The clustered instruction decoders is more scalable and power efficient than the coventional approach.

The "mont" cores is just so much more interesting with much higher potentials.

adrian_b · 2024-05-14T11:09:47

That old link from 2016 has little relevance for the current microarchitectures.

I have not seen yet any good benchmark comparing the energy efficiencies of the Crestmont cores from Meteor Lake (which are made with the new Intel 4 process) with any product containing Zen 4c cores, so which of them is more efficient is unknown for now.

It is pretty certain that for any problem that can use AVX-512 or even 256-bit AVX, the Zen 4c cores will have significantly better energy efficiency than Crestmont. Only for integer workloads Crestmont might be more efficient, but even that is uncertain. Crestmont should consume less energy in its instruction-decoding frontend, but how efficient are its execution units is unknown.

The older Gracemont cores had worse energy efficiency than Zen 4c, but they were handicapped by the inferior Intel 7 process, so that does not demonstrate anything about the relative merits of the Gracemont microarchitecture, had they been made in a competitive manufacturing process.

Only after the launch of the Intel Sierra Forest server CPUs (expected in a few months), a direct comparison with AMD Bergamo will show whether Intel has succeeded to design a CPU core with better energy efficiency than Zen 4c.

wmf · 2024-05-14T04:22:40

I wonder if there are hints about "rentable units" in here. There are rumors that a future module can act as a single really wide core or two moderate cores.

phire · 2024-05-14T05:25:12

That's a very old rumour. I first heard it 9 years ago, as a rumour for the upcoming Skylake uarch [0], based on an intel paper from 2012 [1]

For that reason, I'm inclined to dismiss it without too much thought. And the general industry trend seems to be moving away from SMT altogether, because it's hard to justify when you have 8+ physical cores.

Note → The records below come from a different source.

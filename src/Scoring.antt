-- ===== src/Scoring.antt =====
-- scoring/risk.py: the score of a finding. Fractions are exact: the base counts 1/10000 of a point,
-- confidence and criticality count hundredths, `log10` counts 1/10000. The rounding of the score and
-- the logarithm are parameters; of the breakdown only the score is kept.
use native.Mathlib.Nat.{mul-le-mul}
use thot_secure.Prelude.{
  ℕ, String, true, Option, none, some, ◌+◌, ◌*◌, ◌≤◌, ◌≡◌, str_eq, min, max, arith, if◌then◌else◌,
}
use thot_secure.Severities.{is_severity, grade}

-- `log10 n` is 10000 * math.log10(n); `round_score x` is round(x / score_scale, 2) in hundredths.
pub record Arithmetic : Type 0 where
  pub log10 : ℕ → ℕ
  pub round_score : ℕ → ℕ

-- The fields of a rule that the score reads.
pub record ScoredRule : Type 0 where
  pub severity : String
  pub confidence : ℕ
  pub risk_base : Option ℕ
  pub asset_criticality : ℕ

-- SEVERITY_BASE.get(severity, 40.0), in points
unfoldable pub severity_base : String → ℕ
severity_base s =
    if str_eq s "info"
    then 8
    else if str_eq s "low"
    then 20
    else if str_eq s "medium"
    then 40
    else if str_eq s "high"
    then 62
    else if str_eq s "critical"
    then 82
    else 40

abbrev pub rule_base_weight : ℕ
rule_base_weight = 18

-- (base / 100) * RULE_BASE_WEIGHT
abbrev pub base_bonus : Option ℕ → ℕ
base_bonus none = 0
base_bonus (some b) = b * rule_base_weight

-- In 1/200.
abbrev pub confidence_factor : ℕ → ℕ
confidence_factor confidence = 100 + min confidence 100

-- The criticality that is given, or the tenant's, or 1.
abbrev pub criticality_of : Option ℕ → Option ℕ → ℕ
criticality_of (some c) tenant = c
criticality_of none (some c) = c
criticality_of none none = 100

-- In 1/10000.
abbrev pub asset_factor : ℕ → ℕ → ℕ
asset_factor criticality rule = max 1000 (min 30000 (criticality * rule))

-- In 1/40000.
abbrev pub repetition_factor : Arithmetic → ℕ → ℕ
repetition_factor m count = 40000 + min 20000 (m.log10 (max 1 count))

abbrev pub score_scale : ℕ
score_scale = 10000 * 200 * 10000 * 40000

unfoldable pub compute_risk : Arithmetic → ScoredRule → Option ℕ → ℕ → Option ℕ → ℕ
compute_risk m rule tenant count asset =
    let base = severity_base rule.severity * 10000 + base_bonus rule.risk_base in
    let raw =
      base
      * confidence_factor rule.confidence
      * asset_factor (criticality_of asset tenant) rule.asset_criticality
      * repetition_factor m count in
    m.round_score (min (100 * score_scale) raw)

-- The rounding is monotone and leaves 100 as it is.
abbrev pub Rounds : Arithmetic → Type 0
Rounds m =
    ((x y : ℕ) → x ≤ y → m.round_score x ≤ m.round_score y)
    × (m.round_score (100 * score_scale) ≡ 10000)

-- The score lies between 0 and 100, whatever the rule, the tenant and the count.
pub compute_risk_bound :
    (m : Arithmetic) (rule : ScoredRule) (tenant : Option ℕ) (count : ℕ) (asset : Option ℕ)
    → Rounds m
    → compute_risk m rule tenant count asset ≤ 10000
unfolding compute_risk
compute_risk_bound m rule tenant count asset (r, e) =
    let raw =
      (severity_base rule.severity * 10000 + base_bonus rule.risk_base)
      * confidence_factor rule.confidence
      * asset_factor (criticality_of asset tenant) rule.asset_criticality
      * repetition_factor m count in
    omega (arith, e, r (min (100 * score_scale) raw) (100 * score_scale) (omega arith))

severity_base-grade :
    (low high : String)
    → is_severity low ≡ true
    → is_severity high ≡ true
    → grade low ≤ grade high
    → severity_base low ≤ severity_base high
unfolding severity_base
severity_base-grade low high l h g = ground arith

-- `rule.risk.base`, where None counts as 0.
abbrev pub points : Option ℕ → ℕ
points none = 0
points (some b) = b

base_bonus-points :
    (low high : Option ℕ) → points low ≤ points high → base_bonus low ≤ base_bonus high
base_bonus-points none none h = omega arith
base_bonus-points none (some b) h = omega arith
base_bonus-points (some a) none h = omega arith
base_bonus-points (some a) (some b) h = omega arith

-- With a rounding that is monotone and keeps 100, and a monotone logarithm: a rule whose severity
-- stands no lower in the order info, low, medium, high, critical, that is no less confident, with
-- a base no lower, on assets no less critical, and that has struck no less often, scores no less.
pub compute_risk_monotone :
    (m : Arithmetic) (low high : ScoredRule) (tenant tenant' : Option ℕ) (count count' : ℕ)
    (asset asset' : Option ℕ)
    → Rounds m
    → ((x y : ℕ) → x ≤ y → m.log10 x ≤ m.log10 y)
    → is_severity low.severity ≡ true
    → is_severity high.severity ≡ true
    → grade low.severity ≤ grade high.severity
    → points low.risk_base ≤ points high.risk_base
    → low.confidence ≤ high.confidence
    → criticality_of asset tenant ≤ criticality_of asset' tenant'
    → low.asset_criticality ≤ high.asset_criticality
    → count ≤ count'
    → compute_risk m low tenant count asset ≤ compute_risk m high tenant' count' asset'
unfolding compute_risk
compute_risk_monotone m low high tenant tenant' count count' asset asset' (r, e) l u v g b c a d n =
    let s = severity_base-grade low.severity high.severity u v g in
    let bonus = base_bonus-points low.risk_base high.risk_base b in
    let base : severity_base low.severity * 10000 + base_bonus low.risk_base
        ≤ severity_base high.severity * 10000 + base_bonus high.risk_base =
      omega (arith, s, bonus) in
    let confidence : confidence_factor low.confidence ≤ confidence_factor high.confidence =
      omega arith in
    let asset_product = mul-le-mul a d in
    let assets : asset_factor (criticality_of asset tenant) low.asset_criticality
        ≤ asset_factor (criticality_of asset' tenant') high.asset_criticality =
      omega (arith, asset_product) in
    let counts = l (max 1 count) (max 1 count') (omega arith) in
    let repetition : repetition_factor m count ≤ repetition_factor m count' =
      omega (arith, counts) in
    let product = mul-le-mul (mul-le-mul (mul-le-mul base confidence) assets) repetition in
    r _ _ (omega (arith, product))
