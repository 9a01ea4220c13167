-- ===== src/Deque/Examples.antt =====
-- The theorem about the deque at a concrete state.
use cheetah.Base.{refl, arith, ℕ, ◌≡◌, ◌+◌, ◌-◌, ◌≤◌}
use cheetah.Deque.{
  Deque, setup_for_execution, detach, pop, check_exc, increment_exception_pointer, do_dekker_on,
  take_head, locked,
}
use cheetah.Deque.Safety.{stolen-apart-resumed}
use cheetah.Deque.Steps.{
  Reaches, here, next, detached, popped_one, thief_locked, incremented, tested, took, checked,
  times, held, open_frames, raise_of, is_handling,
}

-- A frame is pushed, and a thief takes it while the worker pops it.
abbrev pushed_one : Deque
pushed_one = detach 7 setup_for_execution

abbrev with_thief : Deque
with_thief = record pushed_one { thief = locked }

abbrev thief_decided : Deque
thief_decided = do_dekker_on (increment_exception_pointer with_thief)

abbrev taken : Deque
taken = check_exc (take_head (pop thief_decided))

taken_reached : Reaches setup_for_execution taken
unfolding setup_for_execution detach pop check_exc increment_exception_pointer do_dekker_on
    take_head is_handling
taken_reached =
    next _ _
      (next _ _
        (next _ _
          (next _ _
            (next _ _
              (next _ _ (next _ _ here (detached 7 setup_for_execution refl))
                (thief_locked pushed_one refl refl))
              (incremented with_thief refl))
            (tested (increment_exception_pointer with_thief) refl))
          (popped_one thief_decided refl (omega arith)))
        (took (pop thief_decided) refl))
      (checked (take_head (pop thief_decided)) refl)

stolen-apart-resumed_example :
    ((x : ℕ)
      → times x taken.pushed
        ≡ times x taken.stolen
          + times x taken.resumed
          + held x taken.frames taken.head (taken.tail + open_frames taken.victim - taken.head))
    × ((x : ℕ) → times x taken.pushed ≤ 1 → times x taken.stolen + times x taken.resumed ≤ 1)
    × (taken.exc ≡ taken.head + raise_of taken.thief)
stolen-apart-resumed_example = stolen-apart-resumed taken taken_reached
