-- ===== src/FiberPool.antt =====
-- The pools of fibers of runtime/fiber-pool.cpp: one for each worker and a global one behind
-- them. A fiber is its address. What `calloc` gives a pool is the list of its fibers, the one at
-- `size - 1` first, and `none` stands for an access outside of the array. The global pool's lock
-- makes a batch one step.
mod Moves
mod Batches
mod Requests
mod Workers
mod Examples
use cheetah.Base.{
  ℕ, zero, suc, ◌+◌, ◌-◌, ◌*◌, ◌/◌, ◌%◌, ◌^◌, Bool, true, false, Option, none, some, ltb, leb, ◌==◌,
  if◌then◌else◌, ◌>>=◌, List, [], ◌∷◌, length,
}
use cheetah.Base.Int.{ℤ, pos, ltb_ℤ, ◌+ℤ◌, ◌-ℤ◌}

abbrev pub no_worker : ℕ
no_worker = 2 ^ 32 - 1

abbrev pub batch_fraction : ℕ
batch_fraction = 2

pub record FiberPool : Type 0 where
  pub mutex_owner : ℕ
  pub shared : Bool
  pub stack_size : ℕ
  pub fibers : List ℕ
  pub capacity : ℕ
  pub in_use : ℤ
  pub max_in_use : ℤ
  pub max_free : ℕ

-- A worker's pool, the global pool, and the fibers that were ever created and destroyed.
pub record Pools : Type 0 where
  pub created : List ℕ
  pub destroyed : List ℕ
  pub global : FiberPool
  pub local : FiberPool

-- `cilk_fiber_allocate`, which gives a fiber with a stack of the size that comes first, in memory
-- that the operating system chooses by what was created and destroyed before.
abbrev pub Allocator : Type 0
Allocator = ℕ → List ℕ → List ℕ → ℕ

abbrev pub size : FiberPool → ℕ
size pool = length pool.fibers

-- `a - b` on 32-bit words
unfoldable pub sub_u32 : ℕ → ℕ → ℕ
sub_u32 a b = (a + 2 ^ 32 - b) % 2 ^ 32

unfoldable pub fiber_pool_init : ℕ → ℕ → Bool → FiberPool
fiber_pool_init stacksize bufsize is_shared = record {
  mutex_owner = no_worker;
  shared = is_shared;
  stack_size = stacksize;
  fibers = [];
  capacity = bufsize;
  in_use = pos 0;
  max_in_use = pos 0;
  max_free = 0;
}

unfoldable pub fiber_pool_lock : ℕ → FiberPool → FiberPool
fiber_pool_lock self pool = if pool.shared then record pool { mutex_owner = self } else pool

unfoldable pub fiber_pool_unlock : FiberPool → FiberPool
fiber_pool_unlock pool = if pool.shared then record pool { mutex_owner = no_worker } else pool

unfoldable pub fiber_pool_increase_capacity : FiberPool → ℕ → FiberPool
fiber_pool_increase_capacity pool new_size =
    if ltb pool.capacity new_size then record pool { capacity = new_size } else pool

-- `in_use += n`, with its high watermark
unfoldable pub count_in_use : FiberPool → ℕ → FiberPool
count_in_use pool n =
    let used = pool.in_use +ℤ pos n in
    record pool {
      in_use = used;
      max_in_use = if ltb_ℤ pool.max_in_use used then used else pool.max_in_use;
    }

unfoldable pub count_free : FiberPool → FiberPool
count_free pool = record pool {
  max_free = if ltb pool.max_free (size pool) then size pool else pool.max_free;
}

-- The loops that move `n` fibers from a pool to one of the capacity given.
unfoldable pub move : ℕ → ℕ → List ℕ → List ℕ → Option (List ℕ × List ℕ)
move zero capacity src dst = some (src, dst)
move (suc n) capacity [] dst = none
move (suc n) capacity (f ∷ src) dst =
    let rest = move n capacity src (f ∷ dst) in if ltb (length dst) capacity then rest else none

-- The loop that creates `n` fibers into a pool: what is created then, and the pool.
unfoldable pub create : Allocator → ℕ → ℕ → ℕ → List ℕ → List ℕ → List ℕ → Option (List ℕ × List ℕ)
create allocate stack_size zero capacity destroyed created dst = some (created, dst)
create allocate stack_size (suc n) capacity destroyed created dst =
    let f = allocate stack_size created destroyed in
    let rest = create allocate stack_size n capacity destroyed (f ∷ created) (f ∷ dst) in
    if ltb (length dst) capacity then rest else none

-- The loops that destroy `n` fibers of a pool: what is destroyed then, and the pool.
unfoldable pub destroy : ℕ → List ℕ → List ℕ → Option (List ℕ × List ℕ)
destroy zero destroyed src = some (destroyed, src)
destroy (suc n) destroyed [] = none
destroy (suc n) destroyed (f ∷ src) = destroy n (f ∷ destroyed) src

unfoldable pub fiber_pool_allocate_batch : Allocator → ℕ → ℕ → Pools → Option Pools
fiber_pool_allocate_batch allocate self batch_size s =
    let pool = fiber_pool_increase_capacity s.local ((batch_size + size s.local) % 2 ^ 32) in
    let parent = fiber_pool_lock self s.global in
    let from_parent = if leb (size parent) batch_size then size parent else batch_size in
    if batch_size == 0
    then some s
    else move from_parent pool.capacity parent.fibers pool.fibers >>= (λ m.
      create allocate pool.stack_size (batch_size - from_parent) pool.capacity s.destroyed s.created
        m.1
      >>= (λ n. some (record {
        created = n.0;
        destroyed = s.destroyed;
        global = fiber_pool_unlock (count_in_use (record parent { fibers = m.0 }) from_parent);
        local = count_free (record pool { fibers = n.1 });
      })))

unfoldable pub fiber_pool_free_batch : ℕ → ℕ → Pools → Option Pools
fiber_pool_free_batch self batch_size s =
    let parent = fiber_pool_lock self s.global in
    let room = sub_u32 parent.capacity (size parent) in
    let to_parent = if leb batch_size room then batch_size else room in
    move to_parent parent.capacity s.local.fibers parent.fibers >>= (λ m.
      destroy (batch_size - to_parent) s.destroyed m.0 >>= (λ n. some (record {
        created = s.created;
        destroyed = n.0;
        global =
            fiber_pool_unlock (
              count_free (record parent { fibers = m.1; in_use = parent.in_use -ℤ pos to_parent }));
        local = record s.local { fibers = n.1 };
      })))

unfoldable pub cilk_fiber_pool_global_init : ℕ → ℕ → ℕ → FiberPool
cilk_fiber_pool_global_init nproc fiber_pool_cap stacksize =
    fiber_pool_init stacksize (nproc * fiber_pool_cap % 2 ^ 32) true

unfoldable pub cilk_fiber_pool_per_worker_init :
    Allocator → ℕ → ℕ → ℕ → FiberPool → List ℕ → List ℕ → Option Pools
cilk_fiber_pool_per_worker_init allocate self fiber_pool_cap stacksize global created destroyed =
    fiber_pool_allocate_batch allocate self (fiber_pool_cap / batch_fraction) (record {
      created = created;
      destroyed = destroyed;
      global = global;
      local = fiber_pool_init stacksize fiber_pool_cap false;
    })

-- The last fiber of the pool is taken, cleared and counted.
unfoldable pub hand_out : Pools → List ℕ → Option (ℕ × Pools)
hand_out s [] = none
hand_out s (f ∷ rest) =
    some (f, record s { local = count_in_use (record s.local { fibers = rest }) 1 })

unfoldable pub cilk_fiber_allocate_from_pool : Allocator → ℕ → Pools → Option (ℕ × Pools)
cilk_fiber_allocate_from_pool allocate self s =
    let f = allocate s.local.stack_size s.created s.destroyed in
    if s.local.capacity == 0
    then some (f, record s { created = f ∷ s.created })
    else (if size s.local == 0
        then fiber_pool_allocate_batch allocate self (s.local.capacity / batch_fraction) s
        else some s)
      >>= (λ s'. hand_out s' s'.local.fibers)

-- A fiber is put into the pool, and counted.
abbrev pub put : Pools → ℕ → Pools
put s f = record s {
  local =
      count_free (record s.local { fibers = f ∷ s.local.fibers; in_use = s.local.in_use -ℤ pos 1 });
}

-- It is, if there is one.
unfoldable pub take_back : Pools → Option ℕ → Option Pools
take_back s none = some s
take_back s (some f) = if ltb (size s.local) s.local.capacity then some (put s f) else none

-- A fiber is destroyed, if there is one.
unfoldable pub cilk_fiber_deallocate : Pools → Option ℕ → Pools
cilk_fiber_deallocate s none = s
cilk_fiber_deallocate s (some f) = record s { destroyed = f ∷ s.destroyed }

unfoldable pub cilk_fiber_deallocate_to_pool : ℕ → Pools → Option ℕ → Option Pools
cilk_fiber_deallocate_to_pool self s fiber_to_return =
    if s.local.capacity == 0
    then some (cilk_fiber_deallocate s fiber_to_return)
    else (if size s.local == s.local.capacity
        then fiber_pool_free_batch self (s.local.capacity / batch_fraction) s
        else some s)
      >>= (λ s'. take_back s' fiber_to_return)

-- The loops of the two `terminate` functions, which empty a pool.
unfoldable pub cilk_fiber_pool_terminate : List ℕ → FiberPool → Option (List ℕ × FiberPool)
cilk_fiber_pool_terminate destroyed pool =
    destroy (size pool) destroyed pool.fibers >>= (λ n. some (n.0, record pool { fibers = n.1 }))
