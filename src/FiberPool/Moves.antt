-- ===== src/FiberPool/Moves.antt =====
-- The loops of runtime/fiber-pool.cpp that move, create and destroy fibers.
use cheetah.Base.{
  ℕ, zero, suc, ◌+◌, ◌≤◌, ◌≡◌, refl, arith, some, List, [], ◌∷◌, length, ◌==◌, if◌then◌else◌,
}
use cheetah.FiberPool.{Allocator, move, create, destroy}

-- How often `x` is in a list.
abbrev pub count : ℕ → List ℕ → ℕ
count x [] = 0
count x (f ∷ fs) = (if x == f then 1 else 0) + count x fs

-- The operating system gives no memory that is in use.
abbrev pub IsFresh : Allocator → Type 0
IsFresh allocate =
    (stack_size : ℕ) (created destroyed : List ℕ)
    → count (allocate stack_size created destroyed) created
      ≤ count (allocate stack_size created destroyed) destroyed

-- No fiber was created again before it was destroyed.
abbrev pub IsOnce : List ℕ → List ℕ → Type 0
IsOnce created destroyed = (x : ℕ) → count x created ≤ count x destroyed + 1

pub create-IsOnce :
    (allocate : Allocator)
    → IsFresh allocate
    → (stack_size : ℕ) (created destroyed : List ℕ) → IsOnce created destroyed
    → IsOnce (allocate stack_size created destroyed ∷ created) destroyed
create-IsOnce allocate fresh stack_size created destroyed h x =
    ground (arith, fresh stack_size created destroyed, h x)

pub move_lem :
    (n capacity : ℕ) (src dst : List ℕ)
    → n ≤ length src
    → length dst + n ≤ capacity
    → (r : List ℕ × List ℕ) × (move n capacity src dst ≡ some r)
      × (length r.0 + n ≡ length src)
      × (length r.1 ≡ length dst + n)
      × ((x : ℕ) → count x r.0 + count x r.1 ≡ count x src + count x dst)
unfolding move
move_lem zero capacity src dst h k = ((src, dst), refl, omega arith, omega arith, λ x. omega arith)
move_lem (suc n) capacity [] dst h k = absurd (omega arith)
move_lem (suc n) capacity (f ∷ src) dst h k =
    let (r, e, a, b, c) = move_lem n capacity src (f ∷ dst) (omega arith) (omega arith) in
    (r, ground (arith, e), omega arith, omega arith, λ x. omega (arith, c x))

pub create_lem :
    (allocate : Allocator)
    → IsFresh allocate
    → (stack_size n capacity : ℕ) (destroyed created dst : List ℕ) → length dst + n ≤ capacity
    → (r : List ℕ × List ℕ) × (create allocate stack_size n capacity destroyed created dst ≡ some r)
      × (length r.1 ≡ length dst + n)
      × ((x : ℕ) → count x r.0 + count x dst ≡ count x created + count x r.1)
      × (IsOnce created destroyed → IsOnce r.0 destroyed)
unfolding create
create_lem allocate fresh stack_size zero capacity destroyed created dst k =
    ((created, dst), refl, omega arith, λ x. omega arith, λ h. h)
create_lem allocate fresh stack_size (suc n) capacity destroyed created dst k =
    let f = allocate stack_size created destroyed in
    let (r, e, a, b, c) =
      create_lem allocate fresh stack_size n capacity destroyed (f ∷ created) (f ∷ dst)
        (omega arith) in
    (
      r,
      ground (arith, e),
      omega arith,
      λ x. omega (arith, b x),
      λ h. c (create-IsOnce allocate fresh stack_size created destroyed h),
    )

pub destroy_lem :
    (n : ℕ) (destroyed src : List ℕ)
    → n ≤ length src
    → (r : List ℕ × List ℕ) × (destroy n destroyed src ≡ some r)
      × (length r.1 + n ≡ length src)
      × ((x : ℕ) → count x r.0 + count x r.1 ≡ count x destroyed + count x src)
      × ((x : ℕ) → count x destroyed ≤ count x r.0)
unfolding destroy
destroy_lem zero destroyed src h =
    ((destroyed, src), refl, omega arith, λ x. omega arith, λ x. omega arith)
destroy_lem (suc n) destroyed [] h = absurd (omega arith)
destroy_lem (suc n) destroyed (f ∷ src) h =
    let (r, e, a, b, c) = destroy_lem n (f ∷ destroyed) src (omega arith) in
    (r, e, omega arith, λ x. omega (arith, b x), λ x. omega (arith, c x))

[0] https://wccftech.com/intel-preparing-dirsuptive-skylake-micr...

[1] https://hps.ece.utexas.edu/pub/morphcore_micro2012.pdf

Earw0rm · 2024-05-14T05:51:55

And it's very difficult to secure SMT from side channel attacks without sacrificing a big chunk of performance gain.

unnah · 2024-05-14T06:09:06

If you did partition all core resources between SMT threads, it seems like the end result would be exactly what was called "rentable units" above, i.e. you could convert a high-performance core into two lower-performance cores. Then again, it cannot be easy to ensure that there are no remaining side channels whatsoever.

gpderetta · 2024-05-14T08:58:55

POWER did it, but apparently it was mostly for software licensing reasons.